Lors d’une convention tenue le samedi 4 octobre à Yamoussoukro, les militants du Congrès panafricain pour la justice et l’égalité des peuples (COJEP) ont voté majoritairement — à 77 % — en faveur d’un soutien à Simone Ehivet Gbagbo pour le premier tour de l’élection présidentielle prévue le 25 octobre prochain.
À travers ce vote, le président du COJEP, Charles Blé Goudé, officialise son ralliement à l’ancienne Première dame de Côte d’Ivoire, candidate surprise de ce scrutin. L’ancien leader des « Jeunes patriotes », surnommé autrefois le « général de la rue », ne participe pas lui-même à la course, en raison d’une condamnation judiciaire liée à la crise post-électorale de 2010-2011.
Pour de nombreux observateurs, cette alliance n’a rien de surprenant. Blé Goudé, longtemps proche de Simone Gbagbo, avait à plusieurs reprises exprimé son souhait de voir se tenir des élections apaisées dans son pays.
Une candidature inattendue dans un contexte tendu
Âgée de 76 ans, Simone Gbagbo figure parmi les cinq candidats autorisés à concourir à la magistrature suprême.
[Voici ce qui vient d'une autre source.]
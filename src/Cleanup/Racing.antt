-- ===== src/Cleanup/Racing.antt =====
-- The goroutine of a redirect and the cleanup, in either order.
use production_ready_url_sho.Common.{
  ℕ, ◌≤◌, ◌<◌, ◌≡◌, ◌∙◌, ap, String, none, some, List, [], ◌∷◌, ℤ, arith,
}
use production_ready_url_sho.Failure.{ok}
use production_ready_url_sho.Context.{Ctx}
use production_ready_url_sho.Model.{Url}
use production_ready_url_sho.Sql.{Tables, execute}
use production_ready_url_sho.Sql.Constraints.{IsConsistent}
use production_ready_url_sho.Sql.Selecting.{find_live}
use production_ready_url_sho.Sql.Lasting.{touched, find_live-map-touch}
use production_ready_url_sho.Repository.Calm.{table_urls}
use production_ready_url_sho.Service.{redirect, touch_last_used}
use production_ready_url_sho.Cleanup.{cutoff_time, run_cleanup}
use production_ready_url_sho.Cleanup.Exactness.{used_since, cleanup_exact}
use production_ready_url_sho.Cleanup.Fresh.{
  missing_target, redirect-none, redirect-some, followed_url_kept,
}

-- What a goroutine of `Redirect` writes: when, and to which row.
pub record Touch : Type 0 where
  pub at : ℕ
  pub id : String

-- The goroutines of any redirects, one after the other.
unfoldable pub touch_all : List Touch → Tables → Tables
touch_all [] t = t
touch_all (x ∷ xs) t = touch_all xs (touch_last_used table_urls x.at x.id t)

touch_all-none :
    (key : String) (xs : List Touch) (t : Tables)
    → find_live key t.urls ≡ none
    → find_live key (touch_all xs t).urls ≡ none
unfolding touch_all touch_last_used execute touched
touch_all-none key [] t h = h
touch_all-none key (x ∷ xs) t h =
    touch_all-none key xs (touch_last_used table_urls x.at x.id t)
      (find_live-map-touch x.at x.id key t.urls ∙ ap (touched x.at x.id) h)

-- On tables whose URLs are consistent: a key leads to a row that was last used before the cutoff of
-- a cleanup, and is followed now; the redirect answers with the row's URL and starts the goroutine
-- that touches it. If that goes first, the cleanup keeps the URL. If the cleanup goes first, the
-- key is lost for good: neither this goroutine nor those of any other redirects bring it back.
pub touch_race :
    (t : Tables) (key : String) (row : Url) (at now later : ℕ) (threshold : ℤ) (others : List Touch)
    (ctx ctx' ctx'' : Ctx)
    → IsConsistent t.urls
    → find_live key t.urls ≡ some row
    → row.last_used_at < cutoff_time now threshold
    → cutoff_time now threshold ≤ at
    → ((redirect table_urls ctx key t).0 ≡ record { target = ok row.url; spawned = some row.id })
      × ((redirect table_urls ctx'' key
            (run_cleanup table_urls threshold ctx' now later
              (touch_last_used table_urls at row.id t)).1).0.target
          ≡ ok row.url)
      × ((redirect table_urls ctx'' key (
            touch_all
              (record { at = at; id = row.id } ∷ others)
              (run_cleanup table_urls threshold ctx' now later t).1)).0
          ≡ missing_target)
touch_race t key row at now later threshold others ctx ctx' ctx'' consistent there stale fresh =
    let seen = redirect-some ctx key t row there in
    let cleaned = run_cleanup table_urls threshold ctx' now later t in
    let gone : find_live key cleaned.1.urls ≡ none =
      cleanup_exact threshold ctx' now later key t consistent
      ∙ ap (used_since (cutoff_time now threshold)) there
      ∙ ground arith in
    let touches : List Touch = record { at = at; id = row.id } ∷ others in
    (
      seen,
      followed_url_kept t key row.url row.id at now later threshold ctx ctx' ctx'' consistent seen
          fresh,
      redirect-none ctx'' key (touch_all touches cleaned.1)
          (touch_all-none key touches cleaned.1 gone),
    )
Elle affrontera notamment le président sortant Alassane Ouattara, 83 ans, au pouvoir depuis 2011 après la chute de son époux, Laurent Gbagbo, capturé à l’issue du conflit électoral de 2010.
Cependant, plusieurs poids lourds de la scène politique ivoirienne — dont Laurent Gbagbo lui-même, l’ancien Premier ministre Pascal Affi N’Guessan et l’ex-patron du Crédit Suisse Tidjane Thiam — ont été exclus du scrutin par le Conseil constitutionnel, suscitant de vives critiques et des doutes sur la légitimité du processus électoral.
Tidjane Thiam a qualifié cette disqualification d’« acte de vandalisme démocratique », accusant l’administration Ouattara de vouloir organiser une élection « truquée » pour se maintenir au pouvoir.
Le retour de la « Dame de fer »
Pour ses partisans, le retour de Simone Gbagbo sur la scène politique marque la renaissance d’une figure historique. Surnommée autrefois la « Dame de fer », elle entend faire de sa candidature un symbole fort pour les femmes ivoiriennes, encore largement sous-représentées dans la vie publique — elles ne représentent que 30 % des parlementaires.
Ancienne députée, Simone Gbagbo avait été condamnée en 2015 à 20 ans de prison pour son rôle dans la crise de 2010, avant d’être amnistiée en 2018 par le président Ouattara. Contrairement à son ex-époux, cette condamnation n’a pas entraîné sa radiation des listes électorales, ce qui lui permet aujourd’hui de briguer la présidence.
Après avoir quitté le Front populaire ivoirien (FPI), parti qu’elle avait cofondé avec Laurent Gbagbo, elle a méthodiquement reconstruit sa base politique. Sa campagne, placée sous le slogan « Construire une nouvelle nation », s’inscrit dans une vision panafricaine de « souveraineté, dignité et prospérité ».
Une campagne sous haute tension
La campagne électorale officielle débutera le 10 octobre, dans un climat de méfiance et de tension politique. Avec 8,7 millions d’électeurs inscrits, la Côte d’Ivoire aborde un scrutin décisif pour son avenir démocratique.
On ignore encore si Laurent Gbagbo, désormais disqualifié, apportera son soutien à son ex-épouse, avec qui il a partagé plus de 30 ans de vie politique et conjugale avant leur divorce en 2023.
Mais une chose est certaine : tous les regards se tournent désormais vers Simone Gbagbo, dont la candidature pourrait redéfinir le débat sur le leadership féminin et la réconciliation nationale en Côte d’Ivoire.